Demokratik anayasalardan temel hak ve özgürlüklerin korunduğu istikrarlı bir siyasal düzen oluşturmaları beklenir. Hürriyetçi demokrasilerde anayasaların istikrarsızlığa ve krizlere değil demokratik rejimin sürdürülebilirliğine katkı sunacak bir mahiyette olmaları esastır. Bununla birlikte böyle bir anayasa dahi işleyen bir hürriyetçi demokrasiyi garanti edecek mucize bir formül sunmaz. Fransız anayasa hukukçusu Carcassonne'un ifadesiyle "İyi bir anayasa ulusun mutluluğu için yeterli görülemez. Ancak kötü bir anayasa mutsuzluğu için yeterlidir" [1]
Türkiye örneğine baktığımızda ise bugüne kadar kabul edilen anayasaların kendilerinden beklenen siyasal istikrara katkı sunmak bir kenara kriz doğurabilecek sorunlu düzenlemeleri veyahut boşlukları bünyelerinde taşıdıklarını söyleyebiliriz. 1924 Anayasası çok partili siyasal yaşamın gereklerine uygun bir kurguya sahip olmadığı için 1946-1960 arasındaki iktidar-muhalefet ilişkilerinin daha barışçıl bir zeminde yürütülmesine destek verememiştir.
27 Mayıs darbesi sonrası kabul edilen 1961 Anayasası ise siyasi iktidarın denetlenmesi ve temel hak ve özgürlüklerin daha etkili biçimde korunmasına yönelik önemli yenilikler getirse de istikrarlı bir hükümet sistemi tesis edememiş, vesayeti kurumsallaştırarak seçilmiş parlamentonun ve hükümetin etkinliğini kısıtlamıştır.

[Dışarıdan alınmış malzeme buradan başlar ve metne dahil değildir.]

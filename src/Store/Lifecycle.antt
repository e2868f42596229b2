-- ===== src/Store/Lifecycle.antt =====
-- The lifecycle of a job (the diagram of internal/jobs/job.go and docs/DESIGN.md), as a relation between a
-- row and what one call of the store leaves in its place.
pub mod Steps
pub mod Dispatch
pub mod Lease
use jobqueue.Common.{
  is_some, Bool-cases, ℤ, Text, text_eq_iff, ◌+◌, ◌≤◌, ◌<◌, ◌≡◌, refl, sym, ap, inl, inr, true,
  Option, none, some, arith,
}
use jobqueue.Jobs.{Job, pending, running, completed, failed, canceled}
use jobqueue.Jobs.Backoff.{BackoffConfig}
use jobqueue.Store.{is_pending, is_running, owner_is, Clock}
use jobqueue.Store.Claim.{claim_row}
use jobqueue.Store.Report.{renew_row, complete_row, is_exhausted, fail_row, cancel_row, Report}
use jobqueue.Store.Reap.{expired_of, reap_row}

pub data Edge (j k : Job) : Type 0 where
  stay : k ≡ j → Edge j k
  dispatch :
      j.status ≡ pending
      → k.status ≡ running
      → k.attempts ≡ j.attempts + 1
      → is_some k.worker_id ≡ true
      → Edge j k
  extend :
      j.status ≡ running
      → k.status ≡ running
      → k.attempts ≡ j.attempts
      → k.worker_id ≡ j.worker_id
      → Edge j k
  finish :
      j.status ≡ running
      → k.status ≡ completed
      → k.attempts ≡ j.attempts
      → k.worker_id ≡ j.worker_id
      → Edge j k
  retry :
      j.status ≡ running
      → k.status ≡ pending
      → k.attempts ≡ j.attempts
      → j.attempts < j.max_attempts
      → k.worker_id ≡ none
      → Edge j k
  give_up :
      j.status ≡ running
      → k.status ≡ failed
      → k.attempts ≡ j.attempts
      → j.max_attempts ≤ j.attempts
      → k.worker_id ≡ j.worker_id
      → Edge j k
  withdraw : j.status ≡ pending → k.status ≡ canceled → k.attempts ≡ j.attempts → Edge j k

-- An edge of the diagram, and what no call ever changes.
pub record Moves (j k : Job) : Type 0 where
  pub edge : Edge j k
  pub same_id : k.id ≡ j.id
  pub same_type : k.type ≡ j.type
  pub same_payload : k.payload ≡ j.payload
  pub same_budget : k.max_attempts ≡ j.max_attempts
  pub same_birth : k.created_at ≡ j.created_at

pub stays-Moves : (j : Job) → Moves j j
stays-Moves j = record {
  edge = stay refl;
  same_id = refl;
  same_type = refl;
  same_payload = refl;
  same_budget = refl;
  same_birth = refl;
}

abbrev moves :
    (j k : Job)
    → Edge j k
    → k.id ≡ j.id
    → k.type ≡ j.type
    → k.payload ≡ j.payload
    → k.max_attempts ≡ j.max_attempts
    → k.created_at ≡ j.created_at
    → Moves j k
moves j k e a b c d f = record {
  edge = e;
  same_id = a;
  same_type = b;
  same_payload = c;
  same_budget = d;
  same_birth = f;
}

pub claim_row-Moves :
    (c : Clock) (w : Text) (lease : ℤ) (j : Job)
    → is_pending j.status ≡ true
    → Moves j (claim_row c w lease j)
unfolding claim_row
claim_row-Moves c w lease j p =
    moves j _ (dispatch (ground arith) refl refl refl) refl refl refl refl refl

pub renew_row-Moves :
    (c : Clock) (lease : ℤ) (j : Job) → is_running j.status ≡ true → Moves j (renew_row c lease j)
unfolding renew_row
renew_row-Moves c lease j p =
    moves j _ (extend (ground arith) (ground arith) refl refl) refl refl refl refl refl

pub owner_of : (w : Text) (o : Option Text) → owner_is w o ≡ true → o ≡ some w
owner_of w none h = absurd (cc h)
owner_of w (some v) h = ap some ((text_eq_iff v w).0 h)

pub complete_row-Moves :
    (c : Clock) (w : Text) (res : Report) (j : Job)
    → is_running j.status ≡ true
    → owner_is w j.worker_id ≡ true
    → Moves j (complete_row c w res j)
unfolding complete_row
complete_row-Moves c w res j p o =
    moves j _ (finish (ground arith) refl refl (sym (owner_of w j.worker_id o))) refl refl refl refl
      refl

pub fail_row-Moves :
    (c : Clock) (wait : ℤ) (w : Text) (res : Report) (j : Job)
    → is_running j.status ≡ true
    → owner_is w j.worker_id ≡ true
    → Moves j (fail_row c wait w res j)
unfolding fail_row
fail_row-Moves c wait w res j p o = elim (Bool-cases (is_exhausted j)) [
  | inl x ↦
      moves j _
        (give_up (ground arith) (rw x) refl (ground arith) (rw x (sym (owner_of w j.worker_id o))))
        refl refl refl refl refl
  | inr x ↦
      moves j _ (retry (ground arith) (rw x) refl (ground arith) (rw x)) refl refl refl refl refl
]

pub cancel_row-Moves : (c : Clock) (j : Job) → is_pending j.status ≡ true → Moves j (cancel_row c j)
unfolding cancel_row
cancel_row-Moves c j p = moves j _ (withdraw (ground arith) refl refl) refl refl refl refl refl

pub reap_row-Moves :
    (c : Clock) (backoff : BackoffConfig) (j : Job)
    → is_running j.status ≡ true
    → Moves j (reap_row c backoff (expired_of j) j)
unfolding reap_row
reap_row-Moves c backoff j p = elim (Bool-cases (is_exhausted j)) [
  | inl x ↦
      moves j _ (give_up (ground arith) (rw x) refl (ground arith) (rw x)) refl refl refl refl refl
  | inr x ↦
      moves j _ (retry (ground arith) (rw x) refl (ground arith) (rw x)) refl refl refl refl refl
]
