-- ===== src/Store/Report/Updates.antt =====
-- What a report, a renewal and a cancellation do to the table of jobs, on every branch.
use jobqueue.Common.{
  ◌==◌, if◌then◌else◌, ◌∙◌, Bool-cases, Option-cases, ℤ, pos, Text, ℕ, ◌≡◌, refl, sym, ap, inl, inr,
  Bool, true, false, ◌&&◌, List, [], ◌∷◌,
}
use jobqueue.Jobs.{Job, completed, failed}
use jobqueue.Jobs.Backoff.{delay, BackoffConfig}
use jobqueue.Store.{find, update, is_pending, is_held, Db, Clock}
use jobqueue.Store.Rows.{update_of_none}
use jobqueue.Store.Report.{
  renew_row, renew_lease, complete_row, fail_row, complete, fail_write, cancel_row, cancel, Report,
  fits_integer,
}
use jobqueue.Store.Report.Outcome.{
  reported, complete_held, complete_lost, complete_refused, fail_write_held, fail_write_lost,
  fail_write_refused, renew_held, renew_lost, replay_keeps, explain_keeps, cancel_pending,
  cancel_other, explain_cancel_keeps,
}

-- The rows that a report writes: none, if its exit code is no INTEGER.
abbrev pub is_reported : ℕ → Text → Report → Job → Bool
is_reported i w res k = fits_integer res.exit_code && is_held i w k

update_never : (f : Job → Job) (js : List Job) → update (λ k. false) f js ≡ js
unfolding update
update_never f [] = refl
update_never f (j ∷ js) = ap (◌∷◌ j) (update_never f js)

update_guarded :
    (b : Bool) (p : Job → Bool) (f : Job → Job) (js : List Job)
    → (if b then update p f js else js) ≡ update (λ k. b && p k) f js
update_guarded true p f js = refl
update_guarded false p f js = sym (update_never f js)

-- The UPDATE of each call, whether or not it matches a row.
pub complete-jobs :
    (c : Clock) (i : ℕ) (w : Text) (res : Report) (db : Db)
    → (complete c i w res db).1.jobs ≡ update (is_reported i w res) (complete_row c w res) db.jobs
complete-jobs c i w res db =
    let row = complete_row c w res in
    let fits = fits_integer res.exit_code in
    let written : (complete c i w res db).1.jobs
        ≡ (if fits then update (is_held i w) row db.jobs else db.jobs) =
      elim (Bool-cases (fits_integer res.exit_code)) [
        | inl f ↦ elim (Option-cases (find (is_held i w) db.jobs)) [
          | inl e ↦
              rw (complete_lost c i w res db f e, replay_keeps i w completed db)
                (rw f (sym (update_of_none (is_held i w) row db.jobs e)))
          | inr (j, e) ↦ rw (complete_held c i w res db j f e) (rw f (unfold reported in refl))
        ]
        | inr f ↦ rw (complete_refused c i w res db f) (rw f refl)
      ] in
    written ∙ update_guarded fits (is_held i w) row db.jobs

pub fail_write-jobs :
    (c : Clock) (backoff : BackoffConfig) (attempts i : ℕ) (w : Text) (res : Report) (db : Db)
    → (fail_write c backoff attempts i w res db).1.jobs
      ≡ update (is_reported i w res) (fail_row c (delay backoff (pos attempts)) w res) db.jobs
fail_write-jobs c backoff attempts i w res db =
    let row = fail_row c (delay backoff (pos attempts)) w res in
    let fits = fits_integer res.exit_code in
    let written : (fail_write c backoff attempts i w res db).1.jobs
        ≡ (if fits then update (is_held i w) row db.jobs else db.jobs) =
      elim (Bool-cases (fits_integer res.exit_code)) [
        | inl f ↦ elim (Option-cases (find (is_held i w) db.jobs)) [
          | inl e ↦
              rw (fail_write_lost c i w res db backoff attempts f e, replay_keeps i w failed db)
                (rw f (sym (update_of_none (is_held i w) row db.jobs e)))
          | inr (j, e) ↦
              rw (fail_write_held c i w res db backoff attempts j f e)
                (rw f (unfold reported in refl))
        ]
        | inr f ↦ rw (fail_write_refused c i w res db backoff attempts f) (rw f refl)
      ] in
    written ∙ update_guarded fits (is_held i w) row db.jobs

pub renew_lease-jobs :
    (c : Clock) (i : ℕ) (w : Text) (lease : ℤ) (db : Db)
    → (renew_lease c i w lease db).1.jobs ≡ update (is_held i w) (renew_row c lease) db.jobs
renew_lease-jobs c i w lease db = elim (Option-cases (find (is_held i w) db.jobs)) [
  | inl e ↦
      rw (renew_lost c i w lease db e, explain_keeps i db)
        (sym (update_of_none (is_held i w) (renew_row c lease) db.jobs e))
  | inr (j, e) ↦ rw (renew_held c i w lease db j e) refl
]

pub cancel-jobs :
    (c : Clock) (i : ℕ) (db : Db)
    → (cancel c i db).1.jobs ≡ update (λ k. k.id == i && is_pending k.status) (cancel_row c) db.jobs
cancel-jobs c i db = elim (Option-cases (find (λ k. k.id == i && is_pending k.status) db.jobs)) [
  | inl e ↦
      rw (cancel_other c i db e, explain_cancel_keeps i db)
        (sym (update_of_none (λ k. k.id == i && is_pending k.status) (cancel_row c) db.jobs e))
  | inr (j, e) ↦ rw (cancel_pending c i db j e) refl
]
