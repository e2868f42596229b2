-- ===== src/Store/Lifecycle/Steps.antt =====
-- The calls of the store and the lifecycle of a job, one by one.
use mathlib.Core.Option
use jobqueue.Common.{
  ◌==◌, ==_iff, Bool-cases, some_injective, ℤ, pos, Text, ℕ, ◌≡◌, refl, sym, ap, subst, ◌∙◌, ◌≢◌,
  inl, inr, Bool, true, ◌&&◌, some, arith,
}
use jobqueue.Jobs.{Job}
use jobqueue.Store.{
  find, update_one, update, has_id, is_pending, is_running, owner_is, is_held, Db, Clock,
}
use jobqueue.Store.Rows.{find_test, Descending-find_lt, find_id-update}
use jobqueue.Store.Lifecycle.{
  stays-Moves, claim_row-Moves, renew_row-Moves, complete_row-Moves, fail_row-Moves,
  cancel_row-Moves, reap_row-Moves, Moves,
}
use jobqueue.Jobs.Backoff.{delay, BackoffConfig}
use jobqueue.Store.Reads.{create}
use jobqueue.Store.Claim.{claim_row, claim}
use jobqueue.Store.Claim.Outcome.{claimed, claimed_hit, claimed_miss, claim_cases}
use jobqueue.Store.Report.{
  renew_row, renew_lease, complete_row, fail_row, complete, fail_write, cancel_row, cancel, Report,
}
use jobqueue.Store.Report.Updates.{
  is_reported, complete-jobs, fail_write-jobs, renew_lease-jobs, cancel-jobs,
}
use jobqueue.Store.Reap.{is_expired, expired_of, reap_row, reap_expired_leases}
use jobqueue.Store.Fleet.{register_worker, heartbeat}
use jobqueue.Store.Machine.{
  step, Call, creates, claims, renews, completes, fails, cancels, reaps, registers, beats,
}
use jobqueue.Store.Invariant.{IsWellFormed}
use jobqueue.Store.Invariant.Steps.{head_pending}
use jobqueue.Store.Reap.Effect.{sweep_outcome}

-- What became of each job.
abbrev pub Follows : Db → Db → Type 0
Follows db db' =
    (i : ℕ) (j : Job)
    → find (has_id i) db.jobs ≡ some j
    → (k : Job) × (find (has_id i) db'.jobs ≡ some k) × Moves j k

same-Follows : (db db' : Db) → db'.jobs ≡ db.jobs → Follows db db'
same-Follows db db' e i j s = (j, ap (find (has_id i)) e ∙ s, stays-Moves j)

-- A guarded UPDATE whose SET is an edge for each row that matches.
update-Follows :
    (p : Job → Bool) (f : Job → Job)
    → ((j : Job) → p j ≡ true → Moves j (f j))
    → ((j : Job) → (f j).id ≡ j.id)
    → (db db' : Db) → db'.jobs ≡ update p f db.jobs
    → Follows db db'
update-Follows p f edge same db db' e i j s = (
  update_one p f j,
  ap (find (has_id i)) e ∙ find_id-update p f same i db.jobs ∙ ap (Option.map (update_one p f)) s,
  elim (Bool-cases (p j)) [ inl y ↦ rw y (edge j y) | inr n ↦ rw n (stays-Moves j) ],
)

held_parts :
    (i : ℕ) (w : Text) (j : Job)
    → is_held i w j ≡ true
    → (is_running j.status ≡ true) × (owner_is w j.worker_id ≡ true)
held_parts i w j h = ground arith

create-Follows :
    (c : Clock) (type payload : Text) (n : ℤ) (db : Db)
    → IsWellFormed db
    → Follows db (create c type payload n db).1
unfolding create find
create-Follows c type payload n db v i j s =
    (j, ground (arith, Descending-find_lt db.next_id i db.jobs {j = j} v.ids s), stays-Moves j)

claim-Follows :
    (c : Clock) (locked : ℕ → Bool) (w : Text) (lease : ℤ) (db : Db)
    → IsWellFormed db
    → Follows db (claim c locked w lease db).1
claim-Follows c locked w lease db v =
    claim_cases c locked w lease (λ db'. Follows db db') db v.ids (same-Follows db db refl)
      λ j head i k s. elim (Bool-cases (k.id == j.id)) [
        | inl y ↦
            let here : i ≡ j.id =
              sym ((==_iff k.id i).0 (find_test (has_id i) db.jobs {a = k} s))
              ∙ (==_iff k.id j.id).0 y in
            let same : k ≡ j =
              some_injective (sym s ∙ ap (λ n. find (has_id n) db.jobs) here ∙ head.stored) in
            (
              claim_row c w lease j,
              ap (λ n. find (has_id n) (claimed c locked w lease db j).jobs) here
                  ∙ claimed_hit c locked w lease db j head.stored,
              subst (λ x. Moves x (claim_row c w lease j)) (sym same)
                  (claim_row-Moves c w lease j (head_pending c.now locked db.jobs j head)),
            )
        | inr n ↦
            let ne : i ≢ j.id = λ e. ground (arith, find_test (has_id i) db.jobs {a = k} s) in
            (k, claimed_miss c locked w lease db j i ne ∙ s, stays-Moves k)
      ]

complete-Follows :
    (c : Clock) (i : ℕ) (w : Text) (res : Report) (db : Db) → Follows db (complete c i w res db).1
complete-Follows c i w res db =
    update-Follows (is_reported i w res) (complete_row c w res)
      (λ j h. let (r, o) = held_parts i w j (ground arith) in complete_row-Moves c w res j r o)
      (unfold complete_row in λ j. refl) db (complete c i w res db).1 (complete-jobs c i w res db)

fail_write-Follows :
    (c : Clock) (backoff : BackoffConfig) (attempts i : ℕ) (w : Text) (res : Report) (db : Db)
    → Follows db (fail_write c backoff attempts i w res db).1
fail_write-Follows c backoff attempts i w res db =
    let wait = delay backoff (pos attempts) in
    update-Follows (is_reported i w res) (fail_row c wait w res)
      (λ j h. let (r, o) = held_parts i w j (ground arith) in fail_row-Moves c wait w res j r o)
      (unfold fail_row in λ j. refl) db (fail_write c backoff attempts i w res db).1
      (fail_write-jobs c backoff attempts i w res db)

renew_lease-Follows :
    (c : Clock) (i : ℕ) (w : Text) (lease : ℤ) (db : Db) → Follows db (renew_lease c i w lease db).1
renew_lease-Follows c i w lease db =
    update-Follows (is_held i w) (renew_row c lease)
      (λ j h. renew_row-Moves c lease j (held_parts i w j h).0) (unfold renew_row in λ j. refl) db
      (renew_lease c i w lease db).1 (renew_lease-jobs c i w lease db)

cancel-Follows : (c : Clock) (i : ℕ) (db : Db) → Follows db (cancel c i db).1
cancel-Follows c i db =
    update-Follows (λ k. k.id == i && is_pending k.status) (cancel_row c)
      (λ j h. cancel_row-Moves c j (ground arith)) (unfold cancel_row in λ j. refl) db
      (cancel c i db).1 (cancel-jobs c i db)

reap-Follows :
    (c : Clock) (backoff : BackoffConfig) (locked : ℕ → Bool) (batch : ℤ) (db : Db)
    → IsWellFormed db
    → Follows db (reap_expired_leases c backoff locked batch db).1
reap-Follows c backoff locked batch db v i j s =
    let (kept, either, _) = sweep_outcome c backoff locked batch db i j v.ids s in
    elim (Bool-cases (is_expired c.now locked j)) [
      | inl y ↦ elim either [
        | inl e ↦ (j, e, stays-Moves j)
        | inr e ↦
            (reap_row c backoff (expired_of j) j, e, reap_row-Moves c backoff j (ground arith))
      ]
      | inr n ↦ (j, kept n, stays-Moves j)
    ]

pub register_worker-jobs :
    (c : Clock) (w hostname : Text) (db : Db) → (register_worker c w hostname db).1.jobs ≡ db.jobs
unfolding register_worker
register_worker-jobs c w hostname db = ground arith

pub heartbeat-jobs : (c : Clock) (w : Text) (db : Db) → (heartbeat c w db).1.jobs ≡ db.jobs
unfolding heartbeat
heartbeat-jobs c w db = ground arith

module _ (backoff : BackoffConfig) where
  -- From a well-formed database every call, on every branch, leaves each stored job or moves it along one
  -- edge of the lifecycle: PENDING to RUNNING with one more attempt or to CANCELED; RUNNING renewed, to
  -- COMPLETED, to PENDING if attempts are left, to FAILED if none are. No job is lost, and its type,
  -- payload, budget and creation time never change.
  pub step-Follows : (db : Db) (s : Clock × Call) → IsWellFormed db → Follows db (step backoff db s)
  unfolding step
  step-Follows db (c, creates type payload n) v = create-Follows c type payload n db v
  step-Follows db (c, claims locked w lease) v = claim-Follows c locked w lease db v
  step-Follows db (c, renews i w lease) v = renew_lease-Follows c i w lease db
  step-Follows db (c, completes i w res) v = complete-Follows c i w res db
  step-Follows db (c, fails attempts i w res) v = fail_write-Follows c backoff attempts i w res db
  step-Follows db (c, cancels i) v = cancel-Follows c i db
  step-Follows db (c, reaps locked batch) v = reap-Follows c backoff locked batch db v
  step-Follows db (c, registers w hostname) v =
      same-Follows db (register_worker c w hostname db).1 (register_worker-jobs c w hostname db)
  step-Follows db (c, beats w) v = same-Follows db (heartbeat c w db).1 (heartbeat-jobs c w db)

Yalnızca on dokuz yıl yürürlükte kalan bu anayasa yürütme, yasama ve yargı organlarına ilişkin hükümleri sebebiyle ülkedeki siyasi krizin derinleşmesine yol açmıştır.
1961 Anayasası, Cumhurbaşkanının ilk iki turda Meclis üye tamsayısının üçte iki oy çoğunluğu ile üçüncü ve takip eden diğer turlarda ise salt çoğunluğu ile seçileceğini öngörmüştü. Fakat anayasa salt çoğunluğun da sağlanamaması halinde ne yapılacağına ilişkin bir çözüm getirmediği için 1980 yılında Fahri Korutürk'ten boşalan cumhurbaşkanlığı makamı için yapılan seçimler kilitlenmiş, yaklaşık altı aylık süre ve 114 tur oylamaya rağmen cumhurbaşkanı seçilememiştir. 12 Eylül darbecileri de TBMM'nin yeni bir cumhurbaşkanı seçememesinin darbeyi kolaylaştıran bir unsur olduğunu ifade etmiştir. Bu durum 1961 Anayasasının problemli hükümlerinden yalnızca biridir.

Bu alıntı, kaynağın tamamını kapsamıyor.